### Supplied entries
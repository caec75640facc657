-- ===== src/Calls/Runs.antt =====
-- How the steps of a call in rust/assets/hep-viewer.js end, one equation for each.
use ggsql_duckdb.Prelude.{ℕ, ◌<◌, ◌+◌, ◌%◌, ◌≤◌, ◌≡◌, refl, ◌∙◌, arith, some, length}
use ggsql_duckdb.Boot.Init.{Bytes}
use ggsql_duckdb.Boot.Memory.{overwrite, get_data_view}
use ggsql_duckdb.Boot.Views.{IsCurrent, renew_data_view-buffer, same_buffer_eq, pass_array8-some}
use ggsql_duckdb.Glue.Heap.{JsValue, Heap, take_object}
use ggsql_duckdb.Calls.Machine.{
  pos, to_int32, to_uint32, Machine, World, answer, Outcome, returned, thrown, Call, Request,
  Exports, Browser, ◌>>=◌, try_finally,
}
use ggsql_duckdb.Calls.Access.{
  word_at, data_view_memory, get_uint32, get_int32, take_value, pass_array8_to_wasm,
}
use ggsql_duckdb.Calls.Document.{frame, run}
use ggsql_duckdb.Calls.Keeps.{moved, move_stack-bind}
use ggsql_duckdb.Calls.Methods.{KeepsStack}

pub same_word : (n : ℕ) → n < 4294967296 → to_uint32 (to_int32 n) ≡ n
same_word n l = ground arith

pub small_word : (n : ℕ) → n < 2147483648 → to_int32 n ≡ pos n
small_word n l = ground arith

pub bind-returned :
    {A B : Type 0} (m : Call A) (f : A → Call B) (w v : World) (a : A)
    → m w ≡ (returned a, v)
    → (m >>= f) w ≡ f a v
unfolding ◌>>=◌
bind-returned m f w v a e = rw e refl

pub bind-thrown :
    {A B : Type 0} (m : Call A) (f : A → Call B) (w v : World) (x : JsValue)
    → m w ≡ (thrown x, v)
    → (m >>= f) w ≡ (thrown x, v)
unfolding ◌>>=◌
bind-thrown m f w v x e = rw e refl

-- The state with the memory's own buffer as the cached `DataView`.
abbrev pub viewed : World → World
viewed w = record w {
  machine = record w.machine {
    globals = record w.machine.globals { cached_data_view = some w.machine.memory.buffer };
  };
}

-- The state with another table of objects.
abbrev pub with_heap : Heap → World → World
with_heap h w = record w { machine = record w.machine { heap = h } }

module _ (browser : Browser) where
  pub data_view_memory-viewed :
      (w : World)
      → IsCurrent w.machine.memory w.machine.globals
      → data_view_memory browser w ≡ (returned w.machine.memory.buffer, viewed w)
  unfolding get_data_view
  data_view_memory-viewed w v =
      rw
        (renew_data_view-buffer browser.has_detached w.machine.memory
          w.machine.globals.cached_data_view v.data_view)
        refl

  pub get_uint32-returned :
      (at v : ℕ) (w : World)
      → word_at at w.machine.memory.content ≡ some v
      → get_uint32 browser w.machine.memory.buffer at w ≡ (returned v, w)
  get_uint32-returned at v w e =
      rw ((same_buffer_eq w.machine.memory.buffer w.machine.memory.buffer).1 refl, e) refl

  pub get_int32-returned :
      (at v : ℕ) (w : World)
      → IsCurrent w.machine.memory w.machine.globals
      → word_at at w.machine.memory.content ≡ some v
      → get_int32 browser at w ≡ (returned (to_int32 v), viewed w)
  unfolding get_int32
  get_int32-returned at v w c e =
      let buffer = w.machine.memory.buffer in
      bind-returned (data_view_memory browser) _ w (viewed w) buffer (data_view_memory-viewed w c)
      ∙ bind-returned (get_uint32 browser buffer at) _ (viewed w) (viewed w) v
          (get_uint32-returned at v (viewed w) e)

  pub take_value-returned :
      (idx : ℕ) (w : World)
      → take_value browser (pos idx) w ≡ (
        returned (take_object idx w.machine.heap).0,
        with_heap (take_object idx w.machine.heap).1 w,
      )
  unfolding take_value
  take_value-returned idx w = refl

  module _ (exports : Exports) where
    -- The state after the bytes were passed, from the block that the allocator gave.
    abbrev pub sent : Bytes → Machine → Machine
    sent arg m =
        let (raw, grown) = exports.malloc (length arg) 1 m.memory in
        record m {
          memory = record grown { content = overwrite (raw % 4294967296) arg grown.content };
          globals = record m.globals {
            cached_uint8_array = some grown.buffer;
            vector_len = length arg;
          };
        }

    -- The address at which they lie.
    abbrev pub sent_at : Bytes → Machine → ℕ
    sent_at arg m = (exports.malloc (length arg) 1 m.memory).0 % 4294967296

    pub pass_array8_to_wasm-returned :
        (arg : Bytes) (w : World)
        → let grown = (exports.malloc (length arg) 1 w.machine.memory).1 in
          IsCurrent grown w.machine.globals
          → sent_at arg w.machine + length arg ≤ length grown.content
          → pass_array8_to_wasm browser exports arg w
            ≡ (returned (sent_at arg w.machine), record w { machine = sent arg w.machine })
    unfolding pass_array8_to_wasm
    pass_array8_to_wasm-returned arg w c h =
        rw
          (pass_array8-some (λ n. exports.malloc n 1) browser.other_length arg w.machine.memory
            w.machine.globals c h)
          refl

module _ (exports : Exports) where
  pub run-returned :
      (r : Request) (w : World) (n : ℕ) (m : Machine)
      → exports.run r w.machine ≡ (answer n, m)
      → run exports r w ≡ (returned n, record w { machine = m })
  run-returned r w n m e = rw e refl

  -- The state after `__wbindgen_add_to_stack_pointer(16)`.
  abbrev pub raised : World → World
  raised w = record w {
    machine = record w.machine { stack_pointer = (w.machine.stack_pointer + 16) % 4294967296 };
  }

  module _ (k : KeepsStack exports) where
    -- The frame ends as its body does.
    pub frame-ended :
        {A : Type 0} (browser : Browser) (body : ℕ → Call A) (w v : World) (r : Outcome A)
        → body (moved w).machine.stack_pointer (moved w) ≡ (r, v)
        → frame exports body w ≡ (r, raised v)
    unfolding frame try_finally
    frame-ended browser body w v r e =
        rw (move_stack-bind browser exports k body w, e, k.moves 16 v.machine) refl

### Task description
Print each record again. Nothing may be left out.

### Task result
repository caec75640facc657
-- ===== src/Calls/Runs.antt =====
-- How the steps of a call in rust/assets/hep-viewer.js end, one equation for each.
use ggsql_duckdb.Prelude.{ℕ, ◌<◌, ◌+◌, ◌%◌, ◌≤◌, ◌≡◌, refl, ◌∙◌, arith, some, length}
use ggsql_duckdb.Boot.Init.{Bytes}
use ggsql_duckdb.Boot.Memory.{overwrite, get_data_view}
use ggsql_duckdb.Boot.Views.{IsCurrent, renew_data_view-buffer, same_buffer_eq, pass_array8-some}
use ggsql_duckdb.Glue.Heap.{JsValue, Heap, take_object}
use ggsql_duckdb.Calls.Machine.{
  pos, to_int32, to_uint32, Machine, World, answer, Outcome, returned, thrown, Call, Request,
  Exports, Browser, ◌>>=◌, try_finally,
}
use ggsql_duckdb.Calls.Access.{
  word_at, data_view_memory, get_uint32, get_int32, take_value, pass_array8_to_wasm,
}
use ggsql_duckdb.Calls.Document.{frame, run}
use ggsql_duckdb.Calls.Keeps.{moved, move_stack-bind}
use ggsql_duckdb.Calls.Methods.{KeepsStack}

pub same_word : (n : ℕ) → n < 4294967296 → to_uint32 (to_int32 n) ≡ n
same_word n l = ground arith

pub small_word : (n : ℕ) → n < 2147483648 → to_int32 n ≡ pos n
small_word n l = ground arith

pub bind-returned :
    {A B : Type 0} (m : Call A) (f : A → Call B) (w v : World) (a : A)
    → m w ≡ (returned a, v)
    → (m >>= f) w ≡ f a v
unfolding ◌>>=◌
bind-returned m f w v a e = rw e refl

pub bind-thrown :
    {A B : Type 0} (m : Call A) (f : A → Call B) (w v : World) (x : JsValue)
    → m w ≡ (thrown x, v)
    → (m >>= f) w ≡ (thrown x, v)
unfolding ◌>>=◌
bind-thrown m f w v x e = rw e refl

-- The state with the memory's own buffer as the cached `DataView`.
abbrev pub viewed : World → World
viewed w = record w {
  machine = record w.machine {
    globals = record w.machine.globals { cached_data_view = some w.machine.memory.buffer };
  };
}

-- The state with another table of objects.
abbrev pub with_heap : Heap → World → World
with_heap h w = record w { machine = record w.machine { heap = h } }

module _ (browser : Browser) where
  pub data_view_memory-viewed :
      (w : World)
      → IsCurrent w.machine.memory w.machine.globals
      → data_view_memory browser w ≡ (returned w.machine.memory.buffer, viewed w)
  unfolding get_data_view
  data_view_memory-viewed w v =
      rw
        (renew_data_view-buffer browser.has_detached w.machine.memory
          w.machine.globals.cached_data_view v.data_view)
        refl

  pub get_uint32-returned :
      (at v : ℕ) (w : World)
      → word_at at w.machine.memory.content ≡ some v
      → get_uint32 browser w.machine.memory.buffer at w ≡ (returned v, w)
  get_uint32-returned at v w e =
      rw ((same_buffer_eq w.machine.memory.buffer w.machine.memory.buffer).1 refl, e) refl

  pub get_int32-returned :
      (at v : ℕ) (w : World)
      → IsCurrent w.machine.memory w.machine.globals
      → word_at at w.machine.memory.content ≡ some v
      → get_int32 browser at w ≡ (returned (to_int32 v), viewed w)
  unfolding get_int32
  get_int32-returned at v w c e =
      let buffer = w.machine.memory.buffer in
      bind-returned (data_view_memory browser) _ w (viewed w) buffer (data_view_memory-viewed w c)
      ∙ bind-returned (get_uint32 browser buffer at) _ (viewed w) (viewed w) v
          (get_uint32-returned at v (viewed w) e)

  pub take_value-returned :
      (idx : ℕ) (w : World)
      → take_value browser (pos idx) w ≡ (
        returned (take_object idx w.machine.heap).0,
        with_heap (take_object idx w.machine.heap).1 w,
      )
  unfolding take_value
  take_value-returned idx w = refl

  module _ (exports : Exports) where
    -- The state after the bytes were passed, from the block that the allocator gave.
    abbrev pub sent : Bytes → Machine → Machine
    sent arg m =
        let (raw, grown) = exports.malloc (length arg) 1 m.memory in
        record m {
          memory = record grown { content = overwrite (raw % 4294967296) arg grown.content };
          globals = record m.globals {
            cached_uint8_array = some grown.buffer;
            vector_len = length arg;
          };
        }

    -- The address at which they lie.
    abbrev pub sent_at : Bytes → Machine → ℕ
    sent_at arg m = (exports.malloc (length arg) 1 m.memory).0 % 4294967296

    pub pass_array8_to_wasm-returned :
        (arg : Bytes) (w : World)
        → let grown = (exports.malloc (length arg) 1 w.machine.memory).1 in
          IsCurrent grown w.machine.globals
          → sent_at arg w.machine + length arg ≤ length grown.content
          → pass_array8_to_wasm browser exports arg w
            ≡ (returned (sent_at arg w.machine), record w { machine = sent arg w.machine })
    unfolding pass_array8_to_wasm
    pass_array8_to_wasm-returned arg w c h =
        rw
          (pass_array8-some (λ n. exports.malloc n 1) browser.other_length arg w.machine.memory
            w.machine.globals c h)
          refl

module _ (exports : Exports) where
  pub run-returned :
      (r : Request) (w : World) (n : ℕ) (m : Machine)
      → exports.run r w.machine ≡ (answer n, m)
      → run exports r w ≡ (returned n, record w { machine = m })
  run-returned r w n m e = rw e refl

  -- The state after `__wbindgen_add_to_stack_pointer(16)`.
  abbrev pub raised : World → World
  raised w = record w {
    machine = record w.machine { stack_pointer = (w.machine.stack_pointer + 16) % 4294967296 };
  }

  module _ (k : KeepsStack exports) where
    -- The frame ends as its body does.
    pub frame-ended :
        {A : Type 0} (browser : Browser) (body : ℕ → Call A) (w v : World) (r : Outcome A)
        → body (moved w).machine.stack_pointer (moved w) ≡ (r, v)
        → frame exports body w ≡ (r, raised v)
    unfolding frame try_finally
    frame-ended browser body w v r e =
        rw (move_stack-bind browser exports k body w, e, k.moves 16 v.machine) refl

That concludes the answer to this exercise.